Although Mistress Golden's pro domme work was primarily heterosexual, the legal fallout from her court case has a direct impact on the gay community, said Jeffrey Montgomery, executive director of the Triangle Foundation.
"It's important we are concerned about it, pay attention to it and are supporting her because it's a great illustration of how any of us – gay, straight, bisexual – face inhumane persecution for something that should be considered a basic right of everyone … to express yourself sexually," Montgomery said. "On the face, there was nothing gay about (Mistress Golden's arrest) except it is sexual persecution. Anytime we see or confront and can try to diminish persecution of sexual activity, it is a gay issue."
Despite the emotional devastation the arrest and court proceedings have taken on her family, Mistress Golden sees her experience as a unique opportunity to educate the public about laws she feels are archaic.
"The fact we still have these laws on the books is an outrage," Mistress Golden said. "In this day and age these laws are still a threat to us."
The goal of FreeDomme is inclusion for LGBT community as well as the BDSM (Bondage/Discipline/Sadomasochism) community, Davis said.
"We would like to bring everyone together, bring a cohesiveness to the different groups, GLBT, BDSM, poly … whoever isn't mainstream straight America," Mistress Golden said. "We're inclusionary. We may not have a lifestyle that you agree with or like, but we are entitled to our lifestyle. That's what our country is based on.
"We're trying to put our voices together … if we have more voices that are together then we will be heard.
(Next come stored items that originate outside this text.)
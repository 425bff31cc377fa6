-- ===== src/Web/Dashboard/Queue.antt =====
-- The queue of a dashboard's client against its specification, the set of what was asked for.
use hosthalla.Base.{
  ℕ, zero, suc, ◌+◌, ◌*◌, ◌≤◌, ◌≡◌, refl, ap, ◌∙◌, Bool, true, false, ◌||◌, List, [], ◌∷◌, ◌++◌,
  any, contains, length, length-append, nat_eq, ltb, arith, Bool-cases, inl, inr,
}
use hosthalla.Model.{Uuid}
use hosthalla.Web.Dashboard.{
  DashboardUpdate, merge_dashboard_updates, client_capacity, Client, new_client, take_from,
  take_up_to, Gaps, send_or, drop_update, merge_oldest, signal_full, signal_client,
}

-- What an update can ask to be shown anew.
pub data Part : Type 0 where
  clock overview hosts rows metrics : Part
  row : Uuid → Part
  metric : Uuid → Part

abbrev pub asks : Part → DashboardUpdate → Bool
asks clock u = u.sections.generated_at
asks overview u = u.sections.overview
asks hosts u = u.sections.hosts
asks rows u = u.sections.host_rows
asks metrics u = u.sections.host_metrics
asks (row id) u = contains u.host_row_ids id
asks (metric id) u = contains u.host_metric_ids id

-- What happens to a client: it is signalled, or takes the next update from its channel.
pub data Move : Type 0 where
  signal : Gaps → DashboardUpdate → Move
  take_next : Move

abbrev pub move : Move → Client → Client
move (signal gaps u) c = signal_client gaps u c
move take_next c = take_from c.channel c

unfoldable pub moves : List Move → Client → Client
moves [] c = c
moves (m ∷ ms) c = moves ms (move m c)

-- The specification: the set of all parts that were asked for, which is never made smaller.
unfoldable pub asked : List Move → Part → Bool
asked [] p = false
asked (signal gaps u ∷ ms) p = asks p u || asked ms p
asked (take_next ∷ ms) p = asked ms p

contains-append :
    (xs ys : List Uuid) (id : Uuid) → contains (xs ++ ys) id ≡ (contains xs id || contains ys id)
contains-append [] ys id = refl
contains-append (x ∷ xs) ys id = ground (arith, contains-append xs ys id)

asks-merge :
    (p : Part) (l r : DashboardUpdate)
    → asks p (merge_dashboard_updates l r) ≡ (asks p l || asks p r)
unfolding merge_dashboard_updates
asks-merge clock l r = refl
asks-merge overview l r = refl
asks-merge hosts l r = refl
asks-merge rows l r = refl
asks-merge metrics l r = refl
asks-merge (row id) l r = contains-append l.host_row_ids r.host_row_ids id
asks-merge (metric id) l r = contains-append l.host_metric_ids r.host_metric_ids id

any-append :
    (p : DashboardUpdate → Bool) (us vs : List DashboardUpdate)
    → any p (us ++ vs) ≡ (any p us || any p vs)
any-append p [] vs = refl
any-append p (u ∷ us) vs = ground (arith, any-append p us vs)

-- What was asked for is with the client, in its channel, or dropped.
abbrev pub held : Part → Client → Bool
held p c = any (asks p) c.taken || any (asks p) c.channel

abbrev pub lost : Part → Client → Bool
lost p c = any (asks p) c.dropped

abbrev known : Part → Client → Bool
known p c = held p c || lost p c

-- The channel is within its capacity, and for each update that was dropped the client took 8.
record IsSound (spare : ℕ) (c : Client) : Type 0 where
  room : length c.channel + spare ≤ client_capacity
  paid : client_capacity * length c.dropped ≤ length c.taken

known-take_from :
    (p : Part) (c : Client) (channel : List DashboardUpdate)
    → c.channel ≡ channel
    → known p (take_from channel c) ≡ known p c
known-take_from p c [] e = refl
known-take_from p c (u ∷ rest) e =
    ground (arith, any-append (asks p) c.taken (u ∷ []), ap (any (asks p)) e)

known-take_up_to : (p : Part) (n : ℕ) (c : Client) → known p (take_up_to n c) ≡ known p c
unfolding take_up_to
known-take_up_to p zero c = refl
known-take_up_to p (suc n) c =
    known-take_up_to p n (take_from c.channel c) ∙ known-take_from p c c.channel refl

-- A reception moves one update and drops none.
record Received (c d : Client) : Type 0 where
  total : length d.taken + length d.channel ≡ length c.taken + length c.channel
  shorter : length d.channel ≤ length c.channel
  dropped : length d.dropped ≡ length c.dropped

take_from-Received :
    (c : Client) (channel : List DashboardUpdate)
    → c.channel ≡ channel
    → Received c (take_from channel c)
take_from-Received c [] e = record { total = refl; shorter = omega arith; dropped = refl }
take_from-Received c (u ∷ rest) e = record {
  total = omega (arith, length-append c.taken (u ∷ []), ap length e);
  shorter = omega (arith, ap length e);
  dropped = refl;
}

take_up_to-Received : (n : ℕ) (c : Client) → Received c (take_up_to n c)
unfolding take_up_to
take_up_to-Received zero c = record { total = refl; shorter = omega arith; dropped = refl }
take_up_to-Received (suc n) c =
    let one = take_from-Received c c.channel refl in
    let rest = take_up_to-Received n (take_from c.channel c) in
    record {
      total = rest.total ∙ one.total;
      shorter = omega (arith, rest.shorter, one.shorter);
      dropped = rest.dropped ∙ one.dropped;
    }

Received-IsSound : (spare : ℕ) (c d : Client) → Received c d → IsSound spare c → IsSound spare d
Received-IsSound spare c d r h = record {
  room = omega (arith, r.shorter, h.room);
  paid = omega (arith, r.total, r.shorter, r.dropped, h.paid);
}

known-drop :
    (p : Part) (u : DashboardUpdate) (c : Client)
    → known p (drop_update u c) ≡ (known p c || asks p u)
known-drop p u c = ground (arith, any-append (asks p) c.dropped (u ∷ []))

known-send :
    (p : Part) (u : DashboardUpdate) (c : Client) (otherwise : Client → Client)
    → known p (otherwise c) ≡ (known p c || asks p u)
    → known p (send_or otherwise u c) ≡ (known p c || asks p u)
known-send p u c otherwise h = elim (Bool-cases (ltb (length c.channel) client_capacity)) [
  | inl room ↦ rw room (ground (arith, any-append (asks p) c.channel (u ∷ [])))
  | inr full ↦ rw full h
]

known-merge :
    (p : Part) (second : ℕ) (u : DashboardUpdate) (channel : List DashboardUpdate) (c : Client)
    → c.channel ≡ channel
    → known p (merge_oldest second u channel c) ≡ (known p c || asks p u)
known-merge p second u [] c e = known-drop p u c
known-merge p second u (pending ∷ rest) c e =
    let merged = merge_dashboard_updates pending u in
    let left : Client = record c { channel = rest } in
    let after = take_up_to second left in
    known-send p merged after (drop_update merged) (known-drop p merged after)
    ∙ ground (arith, known-take_up_to p second left, asks-merge p pending u, ap (any (asks p)) e)

known-signal_client :
    (p : Part) (gaps : Gaps) (u : DashboardUpdate) (c : Client)
    → known p (signal_client gaps u c) ≡ (known p c || asks p u)
unfolding signal_client
known-signal_client p gaps u c =
    let after = take_up_to gaps.first c in
    known-send p u c (λ full. signal_full gaps u (take_up_to gaps.first full))
      (known-merge p gaps.second u after.channel after refl
        ∙ ap (λ b. b || asks p u) (known-take_up_to p gaps.first c))

-- After the oldest update came out there is a place for the merged one.
merge_oldest-IsSound :
    (second : ℕ) (u : DashboardUpdate) (channel : List DashboardUpdate) (c : Client)
    → c.channel ≡ channel
    → IsSound 0 c
    → client_capacity * length c.dropped + client_capacity ≤ length c.taken + length c.channel
    → IsSound 0 (merge_oldest second u channel c)
merge_oldest-IsSound second u [] c e h full = record {
  room = h.room;
  paid = omega (arith, full, ap length e, length-append c.dropped (u ∷ []));
}
merge_oldest-IsSound second u (pending ∷ rest) c e h full =
    let merged = merge_dashboard_updates pending u in
    let left : Client = record c { channel = rest } in
    let spare : IsSound 1 left = record {
      room = omega (arith, h.room, ap length e);
      paid = h.paid;
    } in
    let after = take_up_to second left in
    let sound = Received-IsSound 1 left after (take_up_to-Received second left) spare in
    let fits : ltb (length after.channel) client_capacity ≡ true = ground (arith, sound.room) in
    rw fits (record {
      room = omega (arith, sound.room, length-append after.channel (merged ∷ []));
      paid = sound.paid;
    })

signal_client-IsSound :
    (gaps : Gaps) (u : DashboardUpdate) (c : Client)
    → IsSound 0 c
    → IsSound 0 (signal_client gaps u c)
unfolding signal_client
signal_client-IsSound gaps u c h = elim (Bool-cases (ltb (length c.channel) client_capacity)) [
  | inl room ↦
      rw room
        (record { room = ground (arith, room, length-append c.channel (u ∷ [])); paid = h.paid })
  | inr full ↦
      let after = take_up_to gaps.first c in
      let r = take_up_to-Received gaps.first c in
      let eight : client_capacity ≤ length c.channel = ground (arith, full) in
      rw full (
        merge_oldest-IsSound gaps.second u after.channel after refl (Received-IsSound 0 c after r h)
          (omega (arith, r.total, r.dropped, h.paid, eight)))
]

move-IsSound : (m : Move) (c : Client) → IsSound 0 c → IsSound 0 (move m c)
move-IsSound (signal gaps u) c h = signal_client-IsSound gaps u c h
move-IsSound take_next c h =
    Received-IsSound 0 c (take_from c.channel c) (take_from-Received c c.channel refl) h

moves-IsSound : (ms : List Move) (c : Client) → IsSound 0 c → IsSound 0 (moves ms c)
unfolding moves
moves-IsSound [] c h = h
moves-IsSound (m ∷ ms) c h = moves-IsSound ms (move m c) (move-IsSound m c h)

known-moves :
    (p : Part) (ms : List Move) (c : Client) → known p (moves ms c) ≡ (known p c || asked ms p)
unfolding moves asked
known-moves p [] c = ground arith
known-moves p (signal gaps u ∷ ms) c =
    known-moves p ms (signal_client gaps u c) ∙ ground (arith, known-signal_client p gaps u c)
known-moves p (take_next ∷ ms) c =
    known-moves p ms (take_from c.channel c)
    ∙ ap (λ b. b || asked ms p) (known-take_from p c c.channel refl)

-- A client is signalled by one goroutine at a time, and takes updates from its channel whenever it
-- wants, between the selects of `signalClient` too. Then the updates it took, those in its channel
-- and those that `signalClient` dropped ask together for exactly the parts of the page that the
-- signals asked for; the channel never holds more than 8; and for each update that was dropped the
-- client has taken 8, so that none is dropped before that.
pub moves-asked :
    (ms : List Move) (p : Part)
    → ((held p (moves ms new_client) || lost p (moves ms new_client)) ≡ asked ms p)
      × (length (moves ms new_client).channel ≤ client_capacity)
      × (client_capacity * length (moves ms new_client).dropped
          ≤ length (moves ms new_client).taken)
moves-asked ms p =
    let sound = moves-IsSound ms new_client (record { room = omega arith; paid = omega arith }) in
    (known-moves p ms new_client, omega (arith, sound.room), sound.paid)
And right now we are not being heard. We're not loud enough yet."

'Behind closed doors'

Davis and Mistress Golden hope to turn FreeDomme into an annual event to provide a voice for people living alternative lifestyles. In addition to helping offset Mistress Golden's court costs, part of the event's proceeds will be donated to the Triangle Foundation and another portion used to start a nonprofit group to educate about alternative lifestyles and do advocacy work in Lansing.
Mistress Golden said anyone concerned about civil liberties would be welcome at FreeDomme.
"Our government is trying to dictate how we live our lives behind closed doors," she said. "If you are a consenting adult, you should be able to live your life whichever way you would like to live it as long as you do no harm. It's not anyone's business but your own."

FreeDomme 2006
8 p.m. – 3 a.m.
Saturday, Sept. 16
Masonic Temple, 500 Temple Ave.
Detroit
http://www.myspace.com/FreeDomme2006
Entry: $20 through PayPal, Noir Leather in Royal Oak, and Just 4 Us and Attitude in Ferndale.
$50 VIP tickets available

Dress code: Pink and/or Black; Fetish; Leather/Latex/PVC; Leather/Levi; Formal Wear (tux/gown); Costume/Uniform; Crazy/Sexy/Creative; Goth.

THE MICHIGAN PENAL CODE (EXCERPT)
Act 328 of 1931

{BOLD 750.452 House of ill-fame; keeping, maintaining or operating.
Sec. 452.}
Keeping, etc., a house of ill-fame–Any person who shall keep, maintain or operate, or aid and abet in keeping, maintaining or operating a house of ill-fame, bawdy house or any house or place resorted to for the purpose of prostitution or lewdness shall be guilty of a felony, punishable by imprisonment in the state prison for not more than 5 years or by a fine of not more than 2,500 dollars.